Dataset entries:

################

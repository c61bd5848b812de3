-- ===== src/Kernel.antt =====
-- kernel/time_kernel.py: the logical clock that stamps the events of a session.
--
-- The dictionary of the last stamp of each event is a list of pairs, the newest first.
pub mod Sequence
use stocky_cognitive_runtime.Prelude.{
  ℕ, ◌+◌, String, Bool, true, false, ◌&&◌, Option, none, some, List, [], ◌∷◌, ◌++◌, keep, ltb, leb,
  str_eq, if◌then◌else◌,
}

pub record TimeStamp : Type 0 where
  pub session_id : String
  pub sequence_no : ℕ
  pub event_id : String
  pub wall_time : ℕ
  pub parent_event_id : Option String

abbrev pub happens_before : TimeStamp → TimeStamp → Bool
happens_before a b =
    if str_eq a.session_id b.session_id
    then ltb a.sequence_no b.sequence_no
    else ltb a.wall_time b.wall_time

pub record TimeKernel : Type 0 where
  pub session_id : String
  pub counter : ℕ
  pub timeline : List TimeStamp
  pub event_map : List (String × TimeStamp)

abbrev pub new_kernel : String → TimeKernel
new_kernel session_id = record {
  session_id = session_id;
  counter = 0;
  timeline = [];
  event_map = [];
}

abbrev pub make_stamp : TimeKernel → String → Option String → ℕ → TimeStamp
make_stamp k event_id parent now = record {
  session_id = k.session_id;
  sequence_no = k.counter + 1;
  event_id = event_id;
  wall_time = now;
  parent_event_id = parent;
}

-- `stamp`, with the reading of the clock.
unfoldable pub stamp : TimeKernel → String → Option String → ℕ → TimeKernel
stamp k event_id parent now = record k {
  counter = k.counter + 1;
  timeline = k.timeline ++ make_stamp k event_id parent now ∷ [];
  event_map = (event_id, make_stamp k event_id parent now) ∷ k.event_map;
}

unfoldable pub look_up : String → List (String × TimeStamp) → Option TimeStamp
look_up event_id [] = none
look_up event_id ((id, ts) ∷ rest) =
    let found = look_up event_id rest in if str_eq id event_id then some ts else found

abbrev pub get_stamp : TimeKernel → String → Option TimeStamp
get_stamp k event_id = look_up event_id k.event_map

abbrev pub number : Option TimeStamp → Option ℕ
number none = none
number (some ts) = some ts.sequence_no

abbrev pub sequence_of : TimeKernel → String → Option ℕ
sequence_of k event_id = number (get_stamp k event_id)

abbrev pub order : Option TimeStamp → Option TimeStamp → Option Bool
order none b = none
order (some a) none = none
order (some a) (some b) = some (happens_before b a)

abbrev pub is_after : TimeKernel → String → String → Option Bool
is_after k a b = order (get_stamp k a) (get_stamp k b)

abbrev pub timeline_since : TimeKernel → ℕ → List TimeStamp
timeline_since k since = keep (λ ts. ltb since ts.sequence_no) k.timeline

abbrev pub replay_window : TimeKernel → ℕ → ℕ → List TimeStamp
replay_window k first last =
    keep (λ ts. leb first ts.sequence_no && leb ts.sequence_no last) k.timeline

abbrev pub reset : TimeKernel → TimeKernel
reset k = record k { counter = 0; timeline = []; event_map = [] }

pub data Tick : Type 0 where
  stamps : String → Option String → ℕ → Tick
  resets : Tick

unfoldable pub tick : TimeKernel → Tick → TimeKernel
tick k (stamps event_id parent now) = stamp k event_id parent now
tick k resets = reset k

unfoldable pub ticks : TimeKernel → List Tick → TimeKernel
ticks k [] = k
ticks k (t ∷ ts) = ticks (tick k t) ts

################

Exercise prompt
Go through the records and copy each line with "counter" in it.

Solution for this problem
  pub counter : ℕ
  counter = 0;
  sequence_no = k.counter + 1;
  counter = k.counter + 1;
reset k = record k { counter = 0; timeline = []; event_map = [] }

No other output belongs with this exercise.